[THE RECORDS]

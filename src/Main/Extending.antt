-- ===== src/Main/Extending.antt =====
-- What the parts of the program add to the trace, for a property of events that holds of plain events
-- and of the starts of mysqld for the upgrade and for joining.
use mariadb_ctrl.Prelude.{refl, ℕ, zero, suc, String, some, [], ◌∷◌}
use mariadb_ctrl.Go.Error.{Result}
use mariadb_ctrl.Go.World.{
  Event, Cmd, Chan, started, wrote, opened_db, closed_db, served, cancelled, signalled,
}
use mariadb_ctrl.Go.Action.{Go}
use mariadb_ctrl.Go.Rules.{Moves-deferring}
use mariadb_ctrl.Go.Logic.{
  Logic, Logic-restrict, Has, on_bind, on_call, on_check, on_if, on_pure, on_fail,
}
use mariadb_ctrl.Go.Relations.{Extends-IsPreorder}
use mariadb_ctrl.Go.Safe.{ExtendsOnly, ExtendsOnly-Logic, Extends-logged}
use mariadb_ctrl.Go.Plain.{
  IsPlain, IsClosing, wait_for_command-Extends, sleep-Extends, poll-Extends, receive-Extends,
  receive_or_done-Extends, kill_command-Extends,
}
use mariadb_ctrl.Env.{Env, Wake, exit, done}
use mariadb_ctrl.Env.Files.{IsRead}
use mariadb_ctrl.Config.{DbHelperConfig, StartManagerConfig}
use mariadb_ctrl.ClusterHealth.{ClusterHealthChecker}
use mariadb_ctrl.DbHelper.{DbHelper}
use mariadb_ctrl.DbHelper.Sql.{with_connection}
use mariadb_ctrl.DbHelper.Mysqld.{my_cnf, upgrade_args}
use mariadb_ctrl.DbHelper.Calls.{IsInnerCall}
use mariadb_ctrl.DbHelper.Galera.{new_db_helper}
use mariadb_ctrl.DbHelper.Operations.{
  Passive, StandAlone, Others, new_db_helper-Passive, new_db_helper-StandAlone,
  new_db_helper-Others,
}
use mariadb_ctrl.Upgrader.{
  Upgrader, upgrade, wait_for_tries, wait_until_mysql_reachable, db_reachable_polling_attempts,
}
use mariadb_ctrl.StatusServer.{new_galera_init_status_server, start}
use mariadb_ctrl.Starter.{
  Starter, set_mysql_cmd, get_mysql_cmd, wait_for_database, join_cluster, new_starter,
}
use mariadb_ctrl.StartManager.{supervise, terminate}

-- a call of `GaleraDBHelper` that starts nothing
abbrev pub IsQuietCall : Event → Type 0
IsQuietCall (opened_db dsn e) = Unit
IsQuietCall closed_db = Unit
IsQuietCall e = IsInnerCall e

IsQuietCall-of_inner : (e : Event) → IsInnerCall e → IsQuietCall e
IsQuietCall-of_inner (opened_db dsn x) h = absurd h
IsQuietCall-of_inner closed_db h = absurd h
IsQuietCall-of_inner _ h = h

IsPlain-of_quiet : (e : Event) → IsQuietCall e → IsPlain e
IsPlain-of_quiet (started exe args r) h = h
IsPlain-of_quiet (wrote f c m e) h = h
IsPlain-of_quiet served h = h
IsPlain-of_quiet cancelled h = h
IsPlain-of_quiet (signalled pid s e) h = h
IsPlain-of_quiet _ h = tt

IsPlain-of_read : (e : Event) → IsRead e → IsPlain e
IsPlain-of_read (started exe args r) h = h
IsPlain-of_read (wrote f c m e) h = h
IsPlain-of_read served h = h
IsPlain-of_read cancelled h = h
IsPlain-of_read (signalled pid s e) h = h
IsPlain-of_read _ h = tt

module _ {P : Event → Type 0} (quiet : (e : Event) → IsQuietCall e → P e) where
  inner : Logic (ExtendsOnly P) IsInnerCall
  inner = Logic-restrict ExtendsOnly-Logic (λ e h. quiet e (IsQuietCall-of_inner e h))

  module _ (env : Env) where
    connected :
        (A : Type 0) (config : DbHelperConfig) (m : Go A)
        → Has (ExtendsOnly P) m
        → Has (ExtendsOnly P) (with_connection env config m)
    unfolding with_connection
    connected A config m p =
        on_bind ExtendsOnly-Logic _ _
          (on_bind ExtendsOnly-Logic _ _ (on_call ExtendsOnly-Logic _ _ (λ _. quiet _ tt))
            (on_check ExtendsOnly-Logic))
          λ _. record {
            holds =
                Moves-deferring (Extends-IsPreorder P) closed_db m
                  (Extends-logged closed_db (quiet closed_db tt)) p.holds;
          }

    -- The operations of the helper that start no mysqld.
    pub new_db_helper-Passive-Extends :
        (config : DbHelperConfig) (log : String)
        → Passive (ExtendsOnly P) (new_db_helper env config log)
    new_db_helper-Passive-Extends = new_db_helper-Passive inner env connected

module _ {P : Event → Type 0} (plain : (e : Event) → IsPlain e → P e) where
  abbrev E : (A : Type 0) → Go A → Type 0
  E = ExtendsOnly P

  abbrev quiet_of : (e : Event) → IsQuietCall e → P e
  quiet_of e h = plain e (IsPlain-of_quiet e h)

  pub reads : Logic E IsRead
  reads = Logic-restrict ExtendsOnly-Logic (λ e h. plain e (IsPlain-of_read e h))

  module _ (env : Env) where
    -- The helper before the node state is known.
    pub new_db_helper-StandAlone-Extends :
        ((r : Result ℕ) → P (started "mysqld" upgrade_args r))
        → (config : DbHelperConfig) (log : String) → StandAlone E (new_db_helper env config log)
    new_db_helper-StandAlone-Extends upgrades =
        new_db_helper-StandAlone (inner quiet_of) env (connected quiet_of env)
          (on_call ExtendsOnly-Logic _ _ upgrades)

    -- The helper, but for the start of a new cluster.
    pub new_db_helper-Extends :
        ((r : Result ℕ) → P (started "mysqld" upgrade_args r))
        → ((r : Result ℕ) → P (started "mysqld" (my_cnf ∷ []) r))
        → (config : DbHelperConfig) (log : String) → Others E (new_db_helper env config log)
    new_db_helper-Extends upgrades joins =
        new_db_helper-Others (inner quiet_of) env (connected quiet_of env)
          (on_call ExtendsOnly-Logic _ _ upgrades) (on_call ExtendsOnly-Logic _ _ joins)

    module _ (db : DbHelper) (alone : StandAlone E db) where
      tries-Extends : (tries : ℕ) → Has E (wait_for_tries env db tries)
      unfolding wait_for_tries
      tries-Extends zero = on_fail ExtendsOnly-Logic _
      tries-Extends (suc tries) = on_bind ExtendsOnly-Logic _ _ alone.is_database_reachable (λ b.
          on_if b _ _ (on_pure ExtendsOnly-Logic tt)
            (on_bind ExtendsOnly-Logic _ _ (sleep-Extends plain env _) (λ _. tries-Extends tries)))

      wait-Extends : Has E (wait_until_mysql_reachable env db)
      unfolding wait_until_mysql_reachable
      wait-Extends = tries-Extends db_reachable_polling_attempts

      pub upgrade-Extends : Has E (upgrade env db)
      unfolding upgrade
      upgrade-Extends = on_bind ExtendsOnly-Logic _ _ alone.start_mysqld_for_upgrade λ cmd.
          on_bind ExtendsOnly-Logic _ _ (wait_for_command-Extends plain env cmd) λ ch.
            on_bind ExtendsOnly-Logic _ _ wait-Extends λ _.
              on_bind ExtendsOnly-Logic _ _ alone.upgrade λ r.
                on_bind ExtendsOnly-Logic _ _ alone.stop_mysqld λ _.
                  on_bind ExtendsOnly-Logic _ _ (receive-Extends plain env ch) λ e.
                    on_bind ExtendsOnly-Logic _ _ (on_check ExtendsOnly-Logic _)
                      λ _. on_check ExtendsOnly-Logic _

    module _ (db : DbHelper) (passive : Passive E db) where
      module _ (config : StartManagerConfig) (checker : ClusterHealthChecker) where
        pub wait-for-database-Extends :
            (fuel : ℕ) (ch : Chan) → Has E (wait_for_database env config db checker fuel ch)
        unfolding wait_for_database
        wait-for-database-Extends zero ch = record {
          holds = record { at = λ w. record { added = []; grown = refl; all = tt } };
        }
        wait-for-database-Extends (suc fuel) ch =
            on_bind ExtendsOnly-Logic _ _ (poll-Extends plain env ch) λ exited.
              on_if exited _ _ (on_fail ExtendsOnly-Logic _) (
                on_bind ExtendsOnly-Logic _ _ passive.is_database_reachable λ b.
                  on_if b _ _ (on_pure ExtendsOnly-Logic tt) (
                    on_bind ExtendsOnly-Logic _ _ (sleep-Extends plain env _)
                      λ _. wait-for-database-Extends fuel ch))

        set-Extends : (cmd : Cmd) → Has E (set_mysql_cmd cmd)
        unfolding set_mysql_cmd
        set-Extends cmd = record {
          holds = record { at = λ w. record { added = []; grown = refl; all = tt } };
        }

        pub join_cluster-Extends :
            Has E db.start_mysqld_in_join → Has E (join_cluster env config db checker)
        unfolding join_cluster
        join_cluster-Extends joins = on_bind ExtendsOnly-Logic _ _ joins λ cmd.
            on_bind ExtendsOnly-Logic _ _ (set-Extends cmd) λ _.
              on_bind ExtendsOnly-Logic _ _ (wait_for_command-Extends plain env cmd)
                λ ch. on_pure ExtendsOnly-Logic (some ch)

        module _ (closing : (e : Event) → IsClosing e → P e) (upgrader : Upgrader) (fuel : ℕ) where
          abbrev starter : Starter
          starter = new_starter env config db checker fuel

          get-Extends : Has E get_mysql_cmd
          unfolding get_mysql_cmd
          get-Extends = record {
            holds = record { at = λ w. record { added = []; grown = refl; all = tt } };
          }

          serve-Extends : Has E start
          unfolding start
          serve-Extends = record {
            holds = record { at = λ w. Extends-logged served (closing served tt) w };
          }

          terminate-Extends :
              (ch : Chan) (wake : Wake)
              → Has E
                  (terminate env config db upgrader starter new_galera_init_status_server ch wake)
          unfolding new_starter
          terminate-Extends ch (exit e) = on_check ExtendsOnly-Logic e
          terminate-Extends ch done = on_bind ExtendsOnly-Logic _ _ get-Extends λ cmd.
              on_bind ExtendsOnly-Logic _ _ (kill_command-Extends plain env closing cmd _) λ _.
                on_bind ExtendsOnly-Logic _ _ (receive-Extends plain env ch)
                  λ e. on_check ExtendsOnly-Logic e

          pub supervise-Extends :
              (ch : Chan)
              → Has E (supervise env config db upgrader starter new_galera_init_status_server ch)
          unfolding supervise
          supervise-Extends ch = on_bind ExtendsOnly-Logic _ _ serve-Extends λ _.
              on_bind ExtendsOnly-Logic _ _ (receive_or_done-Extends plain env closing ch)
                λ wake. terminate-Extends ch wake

[/THE RECORDS]

__PROBLEM STATEMENT__. Considering only the material above, set down every line from the one with "IsPlain-of_read _ h = tt" to the one with "(on_bind ExtendsOnly-Logic _ _ (on_call", inclusive, exactly as written.

__EXERCISE ANSWER__.
IsPlain-of_read _ h = tt

module _ {P : Event → Type 0} (quiet : (e : Event) → IsQuietCall e → P e) where
  inner : Logic (ExtendsOnly P) IsInnerCall
  inner = Logic-restrict ExtendsOnly-Logic (λ e h. quiet e (IsQuietCall-of_inner e h))

  module _ (env : Env) where
    connected :
        (A : Type 0) (config : DbHelperConfig) (m : Go A)
        → Has (ExtendsOnly P) m
        → Has (ExtendsOnly P) (with_connection env config m)
    unfolding with_connection
    connected A config m p =
        on_bind ExtendsOnly-Logic _ _
          (on_bind ExtendsOnly-Logic _ _ (on_call ExtendsOnly-Logic _ _ (λ _. quiet _ tt))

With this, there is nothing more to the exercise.